PROBLEM:
Return the number of lines below that contain "Threads"; nothing else belongs in the reply.

╭─ SOURCE DATA

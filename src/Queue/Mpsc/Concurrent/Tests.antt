-- ===== src/Queue/Mpsc/Concurrent/Tests.antt =====
-- Threads on an MPSCQueue of four places, run in a given order, and the theorem at the state they reach.
use native.Mathlib.Decide.{ℕ_discrete}
use mathlib.Core.Logic.{dite}
use mathlib.Core.List.{foldl}
use mmo_server.Common.{
  ℕ, ◌+◌, ◌≡◌, refl, ap, List, [], ◌∷◌, length, take, arith, Option, none, some,
}
use mmo_server.Queue.{wrap, probe, construct}
use mmo_server.Queue.Tests.{four-IsCapacity}
use mmo_server.Queue.Mpmc.Concurrent.{Shared, slot}
use mmo_server.Queue.Mpmc.Concurrent.Solo.{found, ready, behind, ahead}
use mmo_server.Queue.Mpsc.Concurrent.{
  Producer, Consumer, EnqueueMove, DequeueMove, System, produces, consumes, init, Reach, start,
  later,
}
use mmo_server.Queue.Mpsc.Concurrent.Order.{in_order, consumer_order}

-- The next move of a producer at `p`, which enqueues `item` when it stands outside.
next_enqueue :
    (item : ℕ) (m : Shared ℕ) (p : Producer ℕ)
    → (m' : Shared ℕ) × (p' : Producer ℕ) × EnqueueMove 4 m p m' p'
unfolding ℕ_discrete found
next_enqueue item m Producer.outside = (_, _, EnqueueMove.load_position item)
next_enqueue _ m (Producer.enqueuing item pos) = elim (found (slot 4 m pos).sequence pos) [
  | ready e ↦ (_, _, EnqueueMove.see_free e)
  | behind e ↦ (_, _, EnqueueMove.see_full e)
  | ahead e ↦ (_, _, EnqueueMove.see_claimed e)
]
next_enqueue _ m (Producer.claiming item pos) =
    dite (ℕ_discrete m.queue.tail pos) (λ e. (_, _, EnqueueMove.win_position e))
      (λ _. (_, _, EnqueueMove.lose_position))
next_enqueue _ m (Producer.reloading item) = (_, _, EnqueueMove.reload_position)
next_enqueue _ m (Producer.storing item pos) = (_, _, EnqueueMove.store_item)
next_enqueue _ m (Producer.publishing pos) = (_, _, EnqueueMove.publish_slot)

-- The next move of the consumer; a moved-from item reads 0.
next_dequeue :
    (m : Shared ℕ) (p : Consumer ℕ) → (m' : Shared ℕ) × (p' : Consumer ℕ) × DequeueMove 4 m p m' p'
unfolding found
next_dequeue m Consumer.outside = (_, _, DequeueMove.load_position)
next_dequeue m (Consumer.dequeuing pos) = elim (found (slot 4 m pos).sequence (wrap (pos + 1))) [
  | ready e ↦ (_, _, DequeueMove.see_item e)
  | behind e ↦ (_, _, DequeueMove.see_nothing (λ z. cc))
  | ahead e ↦ (_, _, DequeueMove.see_nothing (λ z. cc))
]
next_dequeue m (Consumer.moving pos) = (_, _, DequeueMove.move_item 0)
next_dequeue m (Consumer.retiring pos out) = (_, _, DequeueMove.retire_slot)
next_dequeue m (Consumer.advancing pos) = (_, _, DequeueMove.store_position)

record Run : Type 0 where
  last : System ℕ
  reach : Reach 4 0 last

-- A turn of a producer with its item, or of the consumer.
turn : Run → Option (ℕ × ℕ) → Run
unfolding next_enqueue next_dequeue
turn r none = record {
  last = _;
  reach = later r.reach (consumes (next_dequeue r.last.mem r.last.consumer).2);
}
turn r (some (i, item)) = record {
  last = _;
  reach = later r.reach (produces i (next_enqueue item r.last.mem (r.last.producers i)).2);
}

run : List (Option (ℕ × ℕ)) → Run
unfolding turn
run = foldl turn (record { last = _; reach = start })

-- Two producers race for the first position, and 1 wins it. The consumer looks before 1 has published
-- its item and sees nothing, and takes it at the second attempt, while 0 stores at the next position.
abbrev raced : Run
raced = run (
    some (0, 5)
    ∷ some (1, 7)
    ∷ some (0, 5)
    ∷ some (1, 7)
    ∷ some (1, 7)
    ∷ some (0, 5)
    ∷ none
    ∷ none
    ∷ some (1, 7)
    ∷ some (1, 7)
    ∷ none
    ∷ none
    ∷ some (0, 5)
    ∷ some (0, 5)
    ∷ none
    ∷ none
    ∷ none
    ∷ [])

raced_result :
    (raced.last.mem.entered ≡ 7 ∷ 5 ∷ [])
    × (raced.last.mem.left ≡ (0, 7) ∷ [])
    × (raced.last.mem.queue.head ≡ 1)
unfolding run construct probe init
raced_result = (refl, refl, refl)

consumer_order_example :
    in_order raced.last.mem.left ≡ take (length raced.last.mem.left) raced.last.mem.entered
consumer_order_example =
    consumer_order four-IsCapacity raced.reach (omega (arith, ap length raced_result.0))
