-- ===== src/Runtime.antt =====
-- runtime: the phases of a tick, the task graph, its dispatch to workers, and the drivers above.
pub mod Phase
pub mod Graph
pub mod Registry
pub mod Workers
pub mod Dispatch
pub mod Executor
pub mod Pipeline
pub mod Threads
pub mod Lifecycle
pub mod Scheduler
mod Tests
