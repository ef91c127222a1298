-- ===== src/Runtime/Phase.antt =====
-- runtime/RuntimePhase, runtime/RuntimePipeline and runtime/RuntimeContext: what one tick runs
-- through, and the context that its tasks share.
use mmo_server.Common.{ℕ, List, [], ◌∷◌}

pub data RuntimePhaseId : Type 0 where
  input simulation post_simulation output : RuntimePhaseId

-- `static_cast<std::size_t>(phase)`
abbrev pub phase_index : RuntimePhaseId → ℕ
phase_index RuntimePhaseId.input = 0
phase_index RuntimePhaseId.simulation = 1
phase_index RuntimePhaseId.post_simulation = 2
phase_index RuntimePhaseId.output = 3

pub record RuntimePhase : Type 0 where
  pub id : RuntimePhaseId

pub record RuntimePipeline : Type 0 where
  pub phases : List RuntimePhase

-- The default member initialiser of `phases`.
abbrev pub default_pipeline : RuntimePipeline
default_pipeline = record {
  phases =
      record { id = RuntimePhaseId.input }
      ∷ record { id = RuntimePhaseId.simulation }
      ∷ record { id = RuntimePhaseId.post_simulation }
      ∷ record { id = RuntimePhaseId.output }
      ∷ [];
}

pub data RuntimeMode : Type 0 where
  initializing running stopping stopped : RuntimeMode

pub record RuntimeContext : Type 0 where
  pub tick_id : ℕ
  pub delta_time_ms : ℕ
  pub mode : RuntimeMode
  pub worker_count : ℕ

abbrev pub default_context : RuntimeContext
default_context = record {
  tick_id = 0;
  delta_time_ms = 0;
  mode = RuntimeMode.initializing;
  worker_count = 0;
}
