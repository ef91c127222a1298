-- ===== src/Runtime/Graph.antt =====
-- runtime/TaskGraph: the tasks of a tick and their dependencies, as a compressed edge table.
-- A `std::array` is a function of the index.
use mmo_server.Common.{ℕ}
use mmo_server.Runtime.Phase.{RuntimePhaseId}

abbrev pub max_nodes : ℕ
max_nodes = 256

pub record TaskNode : Type 0 where
  pub id : ℕ
  pub phase_id : RuntimePhaseId
  pub dependency_offset : ℕ
  pub child_count : ℕ
  pub parent_count : ℕ

pub record PhaseRange : Type 0 where
  pub begin : ℕ
  pub count : ℕ

pub record TaskGraph : Type 0 where
  pub nodes : ℕ → TaskNode
  pub node_count : ℕ
  pub child_task_ids : ℕ → ℕ
  pub phase_ranges : RuntimePhaseId → PhaseRange
  pub task_id_to_node_index : ℕ → ℕ
  pub dependency_count : ℕ

-- `JobDispatch::GetNode`
abbrev pub get_node : TaskGraph → ℕ → TaskNode
get_node g id = g.nodes (g.task_id_to_node_index id)
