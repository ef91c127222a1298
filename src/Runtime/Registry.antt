-- ===== src/Runtime/Registry.antt =====
-- runtime/JobDispatch: TaskRegistry, the functions of the tasks. A task's function gets the runtime
-- context by reference and may change it; the null pointer is `none`.
use mmo_server.Common.{
  ℕ, zero, suc, ◌+◌, Bool, true, false, Option, none, some, update, leb, if◌then◌else◌,
}
use mmo_server.Runtime.Phase.{RuntimeContext}
use mmo_server.Runtime.Graph.{TaskGraph, max_nodes}

abbrev pub TaskFunction : Type 0
TaskFunction = RuntimeContext → RuntimeContext

pub record TaskRegistry : Type 0 where
  pub functions : ℕ → Option TaskFunction

abbrev pub empty_registry : TaskRegistry
empty_registry = record { functions = λ _. none }

unfoldable pub register : TaskRegistry → ℕ → Option TaskFunction → Bool × TaskRegistry
register r id function =
    if leb max_nodes id
    then (false, r)
    else (true, record r { functions = update r.functions id function })

unfoldable pub resolve : TaskRegistry → ℕ → Option TaskFunction
resolve r id = if leb max_nodes id then none else r.functions id

unfoldable pub is_registered : TaskRegistry → ℕ → Bool
unfolding resolve
is_registered r id = elim (resolve r id) [ none ↦ false | some f ↦ true ]

-- The loop of `Validate`, with `n` rounds left and `i` the counter.
unfoldable pub validate_from : TaskRegistry → TaskGraph → ℕ → ℕ → Bool
unfolding is_registered
validate_from r g zero i = true
validate_from r g (suc n) i =
    let rest = validate_from r g n (i + 1) in if is_registered r (g.nodes i).id then rest else false

unfoldable pub validate : TaskRegistry → TaskGraph → Bool
unfolding validate_from
validate r g = validate_from r g g.node_count 0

╰─

TASK RESPONSE:
2